> Exercise prompt: Keep to one stretch of the data below, the lines from the one with "else err (corrupt_save" up to and including the one with "(has_phase interview.phase processing)", and return that stretch exactly.

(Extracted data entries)
▼
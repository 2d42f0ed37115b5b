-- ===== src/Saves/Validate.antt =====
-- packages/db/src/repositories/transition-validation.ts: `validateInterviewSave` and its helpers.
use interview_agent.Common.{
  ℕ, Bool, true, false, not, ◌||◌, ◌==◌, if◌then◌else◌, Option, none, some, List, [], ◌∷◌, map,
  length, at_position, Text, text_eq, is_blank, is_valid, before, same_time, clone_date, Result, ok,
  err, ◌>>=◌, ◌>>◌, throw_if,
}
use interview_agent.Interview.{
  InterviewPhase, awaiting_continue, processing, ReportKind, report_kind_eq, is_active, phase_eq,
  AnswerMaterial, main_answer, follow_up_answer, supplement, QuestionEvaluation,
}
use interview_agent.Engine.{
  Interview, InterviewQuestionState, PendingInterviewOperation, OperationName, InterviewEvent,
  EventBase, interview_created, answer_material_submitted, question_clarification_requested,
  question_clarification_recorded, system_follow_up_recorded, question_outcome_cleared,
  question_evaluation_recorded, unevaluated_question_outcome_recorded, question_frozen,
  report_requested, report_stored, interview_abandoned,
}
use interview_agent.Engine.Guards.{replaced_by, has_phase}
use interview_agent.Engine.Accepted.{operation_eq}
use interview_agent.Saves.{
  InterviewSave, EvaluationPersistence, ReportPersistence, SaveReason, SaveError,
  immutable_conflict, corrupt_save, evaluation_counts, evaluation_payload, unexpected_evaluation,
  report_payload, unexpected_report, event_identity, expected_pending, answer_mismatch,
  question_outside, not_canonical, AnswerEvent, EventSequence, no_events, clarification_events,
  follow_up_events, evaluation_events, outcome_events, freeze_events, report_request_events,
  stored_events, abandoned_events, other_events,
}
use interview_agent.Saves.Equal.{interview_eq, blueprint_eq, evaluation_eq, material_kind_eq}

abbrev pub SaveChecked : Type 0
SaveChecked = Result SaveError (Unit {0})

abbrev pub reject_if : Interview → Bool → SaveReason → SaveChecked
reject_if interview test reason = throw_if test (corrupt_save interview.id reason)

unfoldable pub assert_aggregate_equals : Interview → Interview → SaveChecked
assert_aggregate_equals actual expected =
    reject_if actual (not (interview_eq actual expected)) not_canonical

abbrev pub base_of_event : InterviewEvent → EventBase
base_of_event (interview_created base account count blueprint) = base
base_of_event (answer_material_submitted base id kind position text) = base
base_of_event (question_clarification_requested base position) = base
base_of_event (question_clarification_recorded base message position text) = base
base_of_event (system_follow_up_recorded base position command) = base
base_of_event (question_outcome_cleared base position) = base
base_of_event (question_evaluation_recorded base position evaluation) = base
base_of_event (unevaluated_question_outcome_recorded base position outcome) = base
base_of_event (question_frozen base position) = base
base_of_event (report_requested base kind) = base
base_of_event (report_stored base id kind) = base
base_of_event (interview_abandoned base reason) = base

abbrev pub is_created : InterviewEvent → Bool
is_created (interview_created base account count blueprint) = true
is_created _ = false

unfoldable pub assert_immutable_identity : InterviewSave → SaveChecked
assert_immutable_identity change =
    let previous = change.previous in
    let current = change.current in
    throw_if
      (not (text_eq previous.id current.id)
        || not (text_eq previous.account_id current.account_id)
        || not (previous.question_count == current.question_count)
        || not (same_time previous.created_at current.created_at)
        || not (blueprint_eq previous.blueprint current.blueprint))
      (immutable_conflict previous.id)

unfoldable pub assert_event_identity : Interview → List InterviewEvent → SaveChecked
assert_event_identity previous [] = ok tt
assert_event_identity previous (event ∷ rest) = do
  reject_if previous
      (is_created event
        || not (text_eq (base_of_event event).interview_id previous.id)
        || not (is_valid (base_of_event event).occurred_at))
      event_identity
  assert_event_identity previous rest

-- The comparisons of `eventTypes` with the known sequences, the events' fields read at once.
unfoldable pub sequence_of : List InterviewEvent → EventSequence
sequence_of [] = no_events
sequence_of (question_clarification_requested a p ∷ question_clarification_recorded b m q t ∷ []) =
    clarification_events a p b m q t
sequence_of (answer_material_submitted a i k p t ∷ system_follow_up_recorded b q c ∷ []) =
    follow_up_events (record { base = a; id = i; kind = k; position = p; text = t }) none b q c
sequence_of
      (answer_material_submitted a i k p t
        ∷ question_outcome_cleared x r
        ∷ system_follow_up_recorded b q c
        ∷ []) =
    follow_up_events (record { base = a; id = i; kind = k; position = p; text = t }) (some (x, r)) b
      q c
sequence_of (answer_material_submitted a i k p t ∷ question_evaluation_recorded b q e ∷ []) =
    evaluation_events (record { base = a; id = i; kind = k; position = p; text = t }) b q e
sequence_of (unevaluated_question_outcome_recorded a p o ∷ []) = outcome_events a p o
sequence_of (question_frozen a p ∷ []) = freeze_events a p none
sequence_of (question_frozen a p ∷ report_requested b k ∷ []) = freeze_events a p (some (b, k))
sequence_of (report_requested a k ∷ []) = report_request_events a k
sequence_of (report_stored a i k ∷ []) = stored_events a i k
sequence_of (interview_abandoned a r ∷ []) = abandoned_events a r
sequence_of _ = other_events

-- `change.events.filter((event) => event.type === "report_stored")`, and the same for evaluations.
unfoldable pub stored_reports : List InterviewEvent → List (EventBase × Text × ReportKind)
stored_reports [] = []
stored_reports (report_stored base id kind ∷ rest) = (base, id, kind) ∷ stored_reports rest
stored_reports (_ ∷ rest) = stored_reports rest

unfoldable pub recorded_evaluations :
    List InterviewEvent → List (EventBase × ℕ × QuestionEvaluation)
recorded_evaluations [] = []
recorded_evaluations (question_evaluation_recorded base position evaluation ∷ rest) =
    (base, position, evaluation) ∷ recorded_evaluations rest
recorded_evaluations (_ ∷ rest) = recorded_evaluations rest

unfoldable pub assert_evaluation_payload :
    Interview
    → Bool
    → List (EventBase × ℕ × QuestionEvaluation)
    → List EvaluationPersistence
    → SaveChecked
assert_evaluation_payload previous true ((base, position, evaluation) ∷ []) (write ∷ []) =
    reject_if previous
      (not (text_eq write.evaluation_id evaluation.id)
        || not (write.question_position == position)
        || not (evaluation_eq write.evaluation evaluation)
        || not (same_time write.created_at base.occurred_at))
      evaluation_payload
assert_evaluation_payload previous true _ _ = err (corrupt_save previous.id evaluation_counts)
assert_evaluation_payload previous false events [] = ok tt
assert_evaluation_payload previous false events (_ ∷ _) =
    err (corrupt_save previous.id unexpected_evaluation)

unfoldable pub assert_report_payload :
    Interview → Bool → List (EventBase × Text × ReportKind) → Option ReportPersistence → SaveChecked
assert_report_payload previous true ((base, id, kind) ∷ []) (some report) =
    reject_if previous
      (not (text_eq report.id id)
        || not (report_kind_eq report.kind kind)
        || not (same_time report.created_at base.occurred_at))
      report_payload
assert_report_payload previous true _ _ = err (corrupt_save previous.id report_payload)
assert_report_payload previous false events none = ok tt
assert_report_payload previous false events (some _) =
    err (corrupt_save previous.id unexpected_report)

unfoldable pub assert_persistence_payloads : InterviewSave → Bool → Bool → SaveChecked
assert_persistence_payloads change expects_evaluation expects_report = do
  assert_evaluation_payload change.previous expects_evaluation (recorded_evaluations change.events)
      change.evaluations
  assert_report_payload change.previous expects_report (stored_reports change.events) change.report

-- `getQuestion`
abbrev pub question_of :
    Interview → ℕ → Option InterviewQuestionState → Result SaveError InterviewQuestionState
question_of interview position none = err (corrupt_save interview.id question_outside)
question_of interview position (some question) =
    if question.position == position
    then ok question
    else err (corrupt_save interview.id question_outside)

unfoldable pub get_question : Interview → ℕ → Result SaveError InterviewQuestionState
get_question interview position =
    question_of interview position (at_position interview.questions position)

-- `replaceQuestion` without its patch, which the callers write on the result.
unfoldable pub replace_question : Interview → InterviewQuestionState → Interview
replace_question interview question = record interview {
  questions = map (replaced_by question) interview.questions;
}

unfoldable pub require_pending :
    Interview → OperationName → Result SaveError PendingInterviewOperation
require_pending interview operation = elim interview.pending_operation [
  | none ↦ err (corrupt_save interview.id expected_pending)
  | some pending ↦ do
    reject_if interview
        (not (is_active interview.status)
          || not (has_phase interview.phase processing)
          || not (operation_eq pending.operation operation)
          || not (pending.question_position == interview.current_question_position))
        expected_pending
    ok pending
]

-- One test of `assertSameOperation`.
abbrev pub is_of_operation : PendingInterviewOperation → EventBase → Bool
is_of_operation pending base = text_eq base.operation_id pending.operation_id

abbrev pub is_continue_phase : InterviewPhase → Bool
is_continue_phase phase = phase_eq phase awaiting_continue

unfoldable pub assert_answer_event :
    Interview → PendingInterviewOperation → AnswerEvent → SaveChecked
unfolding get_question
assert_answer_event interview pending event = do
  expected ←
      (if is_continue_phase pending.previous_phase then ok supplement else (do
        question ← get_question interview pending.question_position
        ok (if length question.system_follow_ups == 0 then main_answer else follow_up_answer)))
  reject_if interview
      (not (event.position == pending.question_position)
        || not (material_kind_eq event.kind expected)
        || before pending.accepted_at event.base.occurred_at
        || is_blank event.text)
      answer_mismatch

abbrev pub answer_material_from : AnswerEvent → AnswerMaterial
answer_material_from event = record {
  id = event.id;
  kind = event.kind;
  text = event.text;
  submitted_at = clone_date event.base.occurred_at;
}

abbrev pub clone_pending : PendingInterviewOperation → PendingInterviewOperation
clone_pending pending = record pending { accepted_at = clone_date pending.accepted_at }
▲
> Response box:
    else err (corrupt_save interview.id question_outside)

unfoldable pub get_question : Interview → ℕ → Result SaveError InterviewQuestionState
get_question interview position =
    question_of interview position (at_position interview.questions position)

-- `replaceQuestion` without its patch, which the callers write on the result.
unfoldable pub replace_question : Interview → InterviewQuestionState → Interview
replace_question interview question = record interview {
  questions = map (replaced_by question) interview.questions;
}

unfoldable pub require_pending :
    Interview → OperationName → Result SaveError PendingInterviewOperation
require_pending interview operation = elim interview.pending_operation [
  | none ↦ err (corrupt_save interview.id expected_pending)
  | some pending ↦ do
    reject_if interview
        (not (is_active interview.status)
          || not (has_phase interview.phase processing)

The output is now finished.